Last week, Mark Dominus published a deep dive into a single Unicode character: U+FDFD, the Arabic ligature for the basmala. The character exists because early font engines could not render Arabic cursive properly. The solution was to encode the entire phrase “بِسْمِ ٱللهِ ٱلرَّحْمَٰنِ ٱلرَّحِيْمِ” as one glyph. The story of how that glyph came to be involves a twice-mutilated vizier, a vanished Qur’an, a Beirut newspaperman, and an Egyptian physician who taught himself font engineering.
It is a magnificent piece of type history. It is also a warning to anyone building or deploying large language models.
Dominus’s post is a commentary on Saleh’s earlier interactive article about Arabic typesetting. The core problem: Arabic script is always cursive. Letters must connect. Early font engines rendered Arabic with separate, disconnected letters, producing text that looks “grossly wrong” to a reader. The basmala, the phrase that opens 113 of 114 Qur’anic surahs, could not be rendered as a jumble. So Unicode added U+FDFD.
That single codepoint now ships in every modern font. Firefox renders it one way. Android renders it differently. Dominus shows magnified images of the Android glyph and notes that Khaled Hosny, designer of the Amiri font, called the Android version “very bad,” criticizing “the bizarre fusion of the letters” and the insertion of “Allah” into the middle of “bismi.”
The technical fix worked. The aesthetic result is uneven. And the whole episode sits almost entirely outside the training data of every major language model.

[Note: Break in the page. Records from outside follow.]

-- ===== src/Mailbox/Formatted.antt =====
-- What `readHeader` and `format` of pkg/diskrpc/mailbox.go make of an empty device.
use native.Mathlib.Nat.{div-mul-le_self, lt-div-mul-add}
use csi_sanlock_lvm.Allocator.Positions.{shl1_pos}
use csi_sanlock_lvm.Base.{
  ℕ, ◌+◌, ◌-◌, ◌*◌, ◌/◌, ◌^◌, ◌≤◌, ◌<◌, ◌≡◌, refl, sym, ap, ◌∙◌, subst, ◌++◌, Bytes, bytes_eq,
  bytes_eq_refl, take, drop, length, replicate, le-scaled, ok, arith, true, false, some, ltb,
}
use csi_sanlock_lvm.Base.Int.{pos, int32_of, int32_of-small}
use csi_sanlock_lvm.Allocator.Heap.{Nodes, shl1, alloc_root, new_allocator_by_size}
use csi_sanlock_lvm.Allocator.Tree.{Tree, whole, room}
use csi_sanlock_lvm.Allocator.Root.{IsAllocator, Allocated, root-length, alloc_root-Allocated}
use csi_sanlock_lvm.Allocator.Create.{new_allocator_by_size-IsAllocator, shl1_mono, shl1-30}
use csi_sanlock_lvm.Mailbox.Device.{
  write_at, overwrite, length-overwrite, overwrite-front, take-append,
}
use csi_sanlock_lvm.Mailbox.Layout.{allocator_from_state, to_blocks, state_bytes, write_state}
use csi_sanlock_lvm.Mailbox.Header.{
  blank_state, parse_header, header_of, format, find_header, read_header, magic_header,
}
use csi_sanlock_lvm.Mailbox.State.{thrice}
use csi_sanlock_lvm.Mailbox.Torn.{read_at-fits, write_at-fits, write_state-overwrite}
use csi_sanlock_lvm.Mailbox.Segments.{HasHeader, HasHeader-overwrite}
use csi_sanlock_lvm.Mailbox.Messages.{head}
use csi_sanlock_lvm.Mailbox.Stored.{AllInt32}
use csi_sanlock_lvm.Mailbox.Range.{AllInt32-alloc_root}
use csi_sanlock_lvm.Mailbox.Blank.{AllInt32-new_allocator_by_size, take-whole, blank_state-heads}
use csi_sanlock_lvm.Mailbox.Formatting.{
  sizes_of, parse_header-header_of, header_of-magic, length-header_of,
}

-- The number of nodes of the tree of 2 ^ `d` blocks, and the number of blocks of a state.
abbrev pub node_count : ℕ → ℕ
node_count d = 2 * shl1 d - 1

abbrev pub state_blocks : ℕ → ℕ → ℕ
state_blocks b_size d = to_blocks b_size (state_bytes (node_count d * 4))

-- A device of 2 ^ `d` blocks that starts with zeros and has room for the header and the states.
pub record IsEmptyDevice (b_size d : ℕ) (file : Bytes) : Type 0 where
  pub large : 30 ≤ b_size
  pub few : d ≤ 28
  pub small : length file < 2 ^ 31
  pub blocks : length file / b_size ≡ shl1 d
  pub states : 1 + 3 * state_blocks b_size d ≤ shl1 d
  pub zeros : take 16 (take b_size file) ≡ replicate 16 0

zeros-magic : bytes_eq (replicate 16 0) magic_header ≡ false
unfolding bytes_eq
zeros-magic = refl

to_blocks-fits : (b size : ℕ) → 0 < b → size ≤ to_blocks b size * b
unfolding to_blocks
to_blocks-fits b size some_block =
    let above = lt-div-mul-add {a = size - 1} {b = b} some_block in omega (arith, above)

module _ (b_size d : ℕ) (file : Bytes) (empty : IsEmptyDevice b_size d file) where
  -- The calls of `format`, by what each of them gives.
  format-steps :
      (nodes taken : Nodes) (written after : Bytes)
      → length nodes ≡ node_count d
      → new_allocator_by_size (int32_of (length file / b_size)) ≡ ok nodes
      → write_at 0 (header_of b_size (length file) (node_count d * 4)) file ≡ (ok tt, written)
      → alloc_root nodes (int32_of (1 + 3 * state_blocks b_size d)) ≡ some (ok (pos 0), taken)
      → write_state b_size
          (state_blocks b_size d * b_size)
          (blank_state b_size (state_blocks b_size d * b_size) taken)
          written
        ≡ (ok tt, after)
      → format b_size b_size file ≡ (ok tt, after)
  unfolding format
  format-steps nodes taken written after len a b c e =
      let in_bounds : ltb (2 ^ 31 - 1) (length file) ≡ false = ground (arith, empty.small) in
      rw (format, in_bounds, a, len, b, c, e) refl

  pub fresh :
      (nodes : Nodes) × (new_allocator_by_size (pos (shl1 d)) ≡ ok nodes)
      × IsAllocator d whole nodes
  fresh = new_allocator_by_size-IsAllocator d (omega (arith, empty.few))

  size_small : shl1 d < 2 ^ 31
  size_small = omega (arith, shl1_mono d 30 (omega (arith, empty.few)), shl1-30)

  -- The blocks of the header and the states.
  pub used_blocks : Allocated d whole (fresh.0) (1 + 3 * state_blocks b_size d)
  used_blocks =
      alloc_root-Allocated d whole (fresh.0) (1 + 3 * state_blocks b_size d) (fresh.2) (omega arith)
        (unfold room in empty.states)

  abbrev pub with_header : Bytes
  with_header = overwrite file 0 (header_of b_size (length file) (node_count d * 4))

  abbrev pub first_state : Bytes
  first_state = blank_state b_size (state_blocks b_size d * b_size) used_blocks.result

  abbrev pub formatted : Bytes
  formatted = overwrite with_header b_size (thrice first_state)

  node_count_lem : (nodes : Nodes) (t : Tree) → IsAllocator d t nodes → length nodes ≡ node_count d
  node_count_lem nodes t v = omega (arith, root-length v.place)

  pub capacity : shl1 d * b_size ≤ length file
  capacity =
      subst (λ n. n * b_size ≤ length file) empty.blocks (div-mul-le_self (length file) b_size)

  pub start : used_blocks.address ≡ 0
  start = take-whole d _ used_blocks.address used_blocks.tree used_blocks.taken

  pub state_fits : 8192 + node_count d * 4 ≤ state_blocks b_size d * b_size
  state_fits = to_blocks-fits b_size (state_bytes (node_count d * 4)) (omega (arith, empty.large))

  pub first_nodes-AllInt32 : AllInt32 used_blocks.result
  first_nodes-AllInt32 =
      AllInt32-alloc_root (fresh.0) used_blocks.result _ _
        (AllInt32-new_allocator_by_size (shl1 d) (fresh.0) size_small (fresh.1)) used_blocks.returns

  pub first_state-heads :
      (length first_state ≡ state_blocks b_size d * b_size)
      × (allocator_from_state (node_count d) first_state ≡ used_blocks.result)
      × ((id : ℕ) → 0 < id → id ≤ 2000 → head id first_state ≡ ok (2 ^ 32 - 1))
  first_state-heads =
      let len = node_count_lem used_blocks.result used_blocks.tree used_blocks.well_formed in
      let (long, back, heads) =
        blank_state-heads b_size (state_blocks b_size d * b_size) used_blocks.result
          first_nodes-AllInt32 (omega (arith, len, state_fits)) in
      (long, ap (λ n. allocator_from_state n first_state) (sym len) ∙ back, heads)

  pub header_fits : b_size ≤ length file
  header_fits = omega (arith, capacity, le-scaled 1 (shl1 d) b_size (shl1_pos d))

  pub room_for_states : b_size + 3 * (state_blocks b_size d * b_size) ≤ length with_header
  room_for_states = omega (
    arith,
    capacity,
    le-scaled (1 + 3 * state_blocks b_size d) (shl1 d) b_size empty.states,
    length-overwrite file 0 (header_of b_size (length file) (node_count d * 4)),
  )

  format-formatted : format b_size b_size file ≡ (ok tt, formatted)
  format-formatted =
      format-steps (fresh.0) used_blocks.result with_header formatted
        (node_count_lem (fresh.0) whole (fresh.2)) (ap new_allocator_by_size number ∙ fresh.1)
        (write_at-fits 0 (header_of b_size (length file) (node_count d * 4)) file (
          omega (
            arith,
            header_fits,
            length-header_of b_size (length file) empty.large (node_count d * 4),
          )))
        (ap (alloc_root (fresh.0)) first_blocks
          ∙ used_blocks.returns
          ∙ ap (λ a. some (ok (pos a), used_blocks.result)) start)
        (write_state-overwrite b_size _ first_state with_header (first_state-heads.0)
          room_for_states)
    where
      first_blocks : int32_of (1 + 3 * state_blocks b_size d) ≡ pos (1 + 3 * state_blocks b_size d)
      first_blocks = int32_of-small _ (omega (arith, empty.states, size_small))

      number : int32_of (length file / b_size) ≡ pos (shl1 d)
      number = ap int32_of empty.blocks ∙ int32_of-small (shl1 d) size_small

  header_block : take b_size with_header ≡ header_of b_size (length file) (node_count d * 4)
  header_block =
      let header = header_of b_size (length file) (node_count d * 4) in
      let long : length header ≡ b_size =
        length-header_of b_size (length file) empty.large (node_count d * 4) in
      ap (take b_size) (overwrite-front file header (omega (arith, long, header_fits)))
      ∙ ap (λ n. take n (header ++ drop (length header) file)) (sym long)
      ∙ take-append header (drop (length header) file)

  with_header-HasHeader : HasHeader b_size (sizes_of b_size (node_count d)) with_header
  with_header-HasHeader = record {
    fits = omega (
      arith,
      header_fits,
      length-overwrite file 0 (header_of b_size (length file) (node_count d * 4)),
    );
    magic =
        ap (λ s. bytes_eq (take 16 s) magic_header) header_block
        ∙ header_of-magic b_size (length file) empty.large (node_count d * 4);
    parses =
        ap (parse_header b_size) header_block
        ∙ parse_header-header_of b_size (length file) empty.large d (node_count d)
            (omega (arith, header_fits, empty.small)) empty.few (omega (arith, shl1_pos d));
  }

  pub formatted-HasHeader : HasHeader b_size (sizes_of b_size (node_count d)) formatted
  formatted-HasHeader =
      HasHeader-overwrite b_size (sizes_of b_size (node_count d)) with_header b_size
        (thrice first_state) (omega arith) with_header-HasHeader

  -- readHeader formats the file in its first turn, and reads it in the second.
  pub read_header-formatted :
      read_header b_size file ≡ (ok (sizes_of b_size (node_count d)), formatted)
  unfolding read_header find_header
  read_header-formatted =
      let no_magic : bytes_eq (take 16 (take b_size file)) magic_header ≡ false =
        ap (λ s. bytes_eq s magic_header) empty.zeros ∙ zeros-magic in
      let is_blank : bytes_eq (take 16 (take b_size file)) (replicate 16 0) ≡ true =
        ap (λ s. bytes_eq s (replicate 16 0)) empty.zeros ∙ bytes_eq_refl (replicate 16 0) in
      rw
        (
          read_header,
          find_header,
          read_at-fits file 0 b_size (omega (arith, header_fits)),
          no_magic,
          is_blank,
          format-formatted,
          read_at-fits formatted 0 b_size (omega (arith, formatted-HasHeader.fits)),
          formatted-HasHeader.magic,
          formatted-HasHeader.parses,
        )
        refl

Consider what a language model “knows” about U+FDFD. It has seen the Unicode standard. It has seen blog posts like Dominus’s. It has seen the Wikipedia entry. It can recite that the character is called “ARABIC LIGATURE BISMILLAH AR-RAHMAN AR-RAHEEM.” It can explain the four words. It can even describe the calligraphic tradition.
What it cannot do is look at the two renderings Dominus shows and tell you which one is correct. It cannot see the difference between the Firefox glyph and the Android glyph. It cannot evaluate Hosny’s criticism. It cannot distinguish a well-formed ligature from a poorly constructed one.
This is not a niche problem. The basmala is the most visible example, but the issue generalizes. Arabic, Persian, Urdu, and other languages that use Arabic script rely on ligature rendering that varies by font, by platform, and by decade. The training data for language models is overwhelmingly English, and where it includes Arabic, it includes the text as rendered by whatever font engine the scraper used. If the scraper captured the crappy rendering, the model learns the crappy rendering as correct.
The same blind spot applies to every script that depends on complex shaping. Devanagari, Bengali, Thai, Georgian, and many others require shaping engines that handle conjuncts, reordering, and contextual forms. The Unicode standard defines the character encoding. The shaping engine, usually HarfBuzz or a platform equivalent, decides how the glyphs actually look. Language models train on the encoded text and have no access to the shaped output. They learn the abstract representation, not the visual reality.
This matters for AI builders in three ways.
First, evaluation. If you benchmark a model on Arabic text tasks, you are testing its ability to manipulate Unicode codepoints, not its understanding of how Arabic actually reads. A model that passes a question about the basmala may still produce output that, when rendered, looks like the disconnected-letter version. The evaluation is measuring the wrong thing.
Second, fine-tuning. If you fine-tune a model on Arabic text scraped from the web, you are training it on renderings that may be decades old. The basmala glyph on Android, which Hosny calls very bad, is the version millions of users see daily. A model trained on that rendering will learn that the bad glyph is correct. It will then generate text that, when rendered on a different platform, may look even worse.
Third, user experience. For users of Arabic, Persian, or Urdu, a language model that produces typographically correct output is not a nice-to-have. It is a basic requirement. The basmala is a religious phrase. Rendering it incorrectly is not just a bug. It is disrespectful. Dominus makes this explicit: “It would be blasphemous to render this phrase… as a jumble of letters.”
The AI industry has spent the last two years obsessed with capabilities: longer context windows, better reasoning, multimodal understanding. The basmala story is a reminder that the foundations are still shaky. A model that can pass the bar exam but cannot produce a correctly ligatured Arabic phrase has a gap in its understanding that no amount of scaling will fix.
The solution is not to add more Unicode codepoints. The solution is to integrate shaping-aware evaluation into the training and testing pipeline. If a model cannot distinguish between a well-formed Arabic ligature and a broken one, it should not be deployed for Arabic users. If the training data contains poorly rendered text, that text should be flagged or filtered.
Dominus ends his post with a note of anticipation: “I am looking forward to understanding more of them.” The AI industry should share that sentiment. Understanding the basmala means understanding what a language model cannot see. That is the first step to fixing it.